──────── Extracted information

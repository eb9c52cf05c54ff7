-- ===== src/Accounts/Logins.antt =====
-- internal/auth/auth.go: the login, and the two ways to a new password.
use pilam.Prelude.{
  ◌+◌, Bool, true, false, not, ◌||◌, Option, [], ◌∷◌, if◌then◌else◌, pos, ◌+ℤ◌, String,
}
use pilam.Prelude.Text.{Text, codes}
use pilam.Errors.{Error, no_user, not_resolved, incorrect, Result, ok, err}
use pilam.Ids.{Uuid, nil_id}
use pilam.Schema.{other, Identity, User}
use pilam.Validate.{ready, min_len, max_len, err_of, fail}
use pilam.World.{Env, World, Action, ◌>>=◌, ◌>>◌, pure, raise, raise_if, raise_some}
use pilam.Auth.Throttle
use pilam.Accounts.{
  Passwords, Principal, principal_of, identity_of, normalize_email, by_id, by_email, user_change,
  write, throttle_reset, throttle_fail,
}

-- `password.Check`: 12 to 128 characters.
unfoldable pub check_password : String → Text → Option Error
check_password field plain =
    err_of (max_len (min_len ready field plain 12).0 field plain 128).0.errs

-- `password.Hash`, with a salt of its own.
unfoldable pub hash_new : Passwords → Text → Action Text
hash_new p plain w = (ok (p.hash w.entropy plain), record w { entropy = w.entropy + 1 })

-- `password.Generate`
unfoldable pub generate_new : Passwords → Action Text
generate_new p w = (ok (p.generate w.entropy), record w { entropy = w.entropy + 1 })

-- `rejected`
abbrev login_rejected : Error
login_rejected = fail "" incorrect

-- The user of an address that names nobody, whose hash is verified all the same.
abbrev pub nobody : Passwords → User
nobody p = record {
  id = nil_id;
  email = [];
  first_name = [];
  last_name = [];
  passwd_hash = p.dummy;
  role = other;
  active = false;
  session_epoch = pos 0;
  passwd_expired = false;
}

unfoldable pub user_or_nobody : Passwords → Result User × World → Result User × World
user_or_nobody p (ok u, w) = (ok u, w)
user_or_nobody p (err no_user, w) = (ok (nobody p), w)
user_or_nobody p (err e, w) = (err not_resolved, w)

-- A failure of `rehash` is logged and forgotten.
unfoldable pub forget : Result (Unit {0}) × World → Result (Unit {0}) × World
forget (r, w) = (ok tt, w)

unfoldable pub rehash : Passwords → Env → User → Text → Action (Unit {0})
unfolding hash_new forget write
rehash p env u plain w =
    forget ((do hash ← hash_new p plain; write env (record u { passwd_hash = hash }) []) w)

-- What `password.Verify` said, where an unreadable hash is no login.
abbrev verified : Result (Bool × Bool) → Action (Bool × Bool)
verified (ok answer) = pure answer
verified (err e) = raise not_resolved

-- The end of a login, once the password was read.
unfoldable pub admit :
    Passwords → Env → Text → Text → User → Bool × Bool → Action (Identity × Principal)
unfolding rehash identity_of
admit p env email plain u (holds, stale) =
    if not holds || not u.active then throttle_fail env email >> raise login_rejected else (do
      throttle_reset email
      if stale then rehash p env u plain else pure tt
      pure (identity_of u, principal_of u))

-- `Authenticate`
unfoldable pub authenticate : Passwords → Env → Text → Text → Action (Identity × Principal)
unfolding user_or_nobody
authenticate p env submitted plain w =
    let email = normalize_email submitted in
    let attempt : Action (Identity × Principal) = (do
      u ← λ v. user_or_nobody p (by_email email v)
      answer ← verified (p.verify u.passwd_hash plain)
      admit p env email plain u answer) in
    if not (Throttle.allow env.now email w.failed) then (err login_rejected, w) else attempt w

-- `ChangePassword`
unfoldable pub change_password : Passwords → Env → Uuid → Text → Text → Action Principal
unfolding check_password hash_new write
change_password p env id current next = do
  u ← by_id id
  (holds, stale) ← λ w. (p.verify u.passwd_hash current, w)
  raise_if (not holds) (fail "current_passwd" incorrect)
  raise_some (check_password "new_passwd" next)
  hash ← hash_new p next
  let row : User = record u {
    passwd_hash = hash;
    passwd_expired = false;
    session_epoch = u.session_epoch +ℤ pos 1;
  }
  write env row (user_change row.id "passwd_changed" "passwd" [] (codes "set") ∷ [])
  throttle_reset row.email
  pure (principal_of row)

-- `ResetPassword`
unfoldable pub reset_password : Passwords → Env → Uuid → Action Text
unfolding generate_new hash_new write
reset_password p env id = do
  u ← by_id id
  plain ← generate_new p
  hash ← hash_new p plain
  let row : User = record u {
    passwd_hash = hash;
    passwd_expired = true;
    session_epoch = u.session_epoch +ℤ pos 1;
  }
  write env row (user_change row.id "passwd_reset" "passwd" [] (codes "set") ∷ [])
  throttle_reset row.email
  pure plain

────────────────

Task to complete:
The entries above are to be retyped exactly, with nothing left out.

Your response:
repository eb9c52cf05c54ff7
-- ===== src/Accounts/Logins.antt =====
-- internal/auth/auth.go: the login, and the two ways to a new password.
use pilam.Prelude.{
  ◌+◌, Bool, true, false, not, ◌||◌, Option, [], ◌∷◌, if◌then◌else◌, pos, ◌+ℤ◌, String,
}
use pilam.Prelude.Text.{Text, codes}
use pilam.Errors.{Error, no_user, not_resolved, incorrect, Result, ok, err}
use pilam.Ids.{Uuid, nil_id}
use pilam.Schema.{other, Identity, User}
use pilam.Validate.{ready, min_len, max_len, err_of, fail}
use pilam.World.{Env, World, Action, ◌>>=◌, ◌>>◌, pure, raise, raise_if, raise_some}
use pilam.Auth.Throttle
use pilam.Accounts.{
  Passwords, Principal, principal_of, identity_of, normalize_email, by_id, by_email, user_change,
  write, throttle_reset, throttle_fail,
}

-- `password.Check`: 12 to 128 characters.
unfoldable pub check_password : String → Text → Option Error
check_password field plain =
    err_of (max_len (min_len ready field plain 12).0 field plain 128).0.errs

-- `password.Hash`, with a salt of its own.
unfoldable pub hash_new : Passwords → Text → Action Text
hash_new p plain w = (ok (p.hash w.entropy plain), record w { entropy = w.entropy + 1 })

-- `password.Generate`
unfoldable pub generate_new : Passwords → Action Text
generate_new p w = (ok (p.generate w.entropy), record w { entropy = w.entropy + 1 })

-- `rejected`
abbrev login_rejected : Error
login_rejected = fail "" incorrect

-- The user of an address that names nobody, whose hash is verified all the same.
abbrev pub nobody : Passwords → User
nobody p = record {
  id = nil_id;
  email = [];
  first_name = [];
  last_name = [];
  passwd_hash = p.dummy;
  role = other;
  active = false;
  session_epoch = pos 0;
  passwd_expired = false;
}

unfoldable pub user_or_nobody : Passwords → Result User × World → Result User × World
user_or_nobody p (ok u, w) = (ok u, w)
user_or_nobody p (err no_user, w) = (ok (nobody p), w)
user_or_nobody p (err e, w) = (err not_resolved, w)

-- A failure of `rehash` is logged and forgotten.
unfoldable pub forget : Result (Unit {0}) × World → Result (Unit {0}) × World
forget (r, w) = (ok tt, w)

unfoldable pub rehash : Passwords → Env → User → Text → Action (Unit {0})
unfolding hash_new forget write
rehash p env u plain w =
    forget ((do hash ← hash_new p plain; write env (record u { passwd_hash = hash }) []) w)

-- What `password.Verify` said, where an unreadable hash is no login.
abbrev verified : Result (Bool × Bool) → Action (Bool × Bool)
verified (ok answer) = pure answer
verified (err e) = raise not_resolved

-- The end of a login, once the password was read.
unfoldable pub admit :
    Passwords → Env → Text → Text → User → Bool × Bool → Action (Identity × Principal)
unfolding rehash identity_of
admit p env email plain u (holds, stale) =
    if not holds || not u.active then throttle_fail env email >> raise login_rejected else (do
      throttle_reset email
      if stale then rehash p env u plain else pure tt
      pure (identity_of u, principal_of u))

-- `Authenticate`
unfoldable pub authenticate : Passwords → Env → Text → Text → Action (Identity × Principal)
unfolding user_or_nobody
authenticate p env submitted plain w =
    let email = normalize_email submitted in
    let attempt : Action (Identity × Principal) = (do
      u ← λ v. user_or_nobody p (by_email email v)
      answer ← verified (p.verify u.passwd_hash plain)
      admit p env email plain u answer) in
    if not (Throttle.allow env.now email w.failed) then (err login_rejected, w) else attempt w

-- `ChangePassword`
unfoldable pub change_password : Passwords → Env → Uuid → Text → Text → Action Principal
unfolding check_password hash_new write
change_password p env id current next = do
  u ← by_id id
  (holds, stale) ← λ w. (p.verify u.passwd_hash current, w)
  raise_if (not holds) (fail "current_passwd" incorrect)
  raise_some (check_password "new_passwd" next)
  hash ← hash_new p next
  let row : User = record u {
    passwd_hash = hash;
    passwd_expired = false;
    session_epoch = u.session_epoch +ℤ pos 1;
  }
  write env row (user_change row.id "passwd_changed" "passwd" [] (codes "set") ∷ [])
  throttle_reset row.email
  pure (principal_of row)

-- `ResetPassword`
unfoldable pub reset_password : Passwords → Env → Uuid → Action Text
unfolding generate_new hash_new write
reset_password p env id = do
  u ← by_id id
  plain ← generate_new p
  hash ← hash_new p plain
  let row : User = record u {
    passwd_hash = hash;
    passwd_expired = true;
    session_epoch = u.session_epoch +ℤ pos 1;
  }
  write env row (user_change row.id "passwd_reset" "passwd" [] (codes "set") ∷ [])
  throttle_reset row.email
  pure plain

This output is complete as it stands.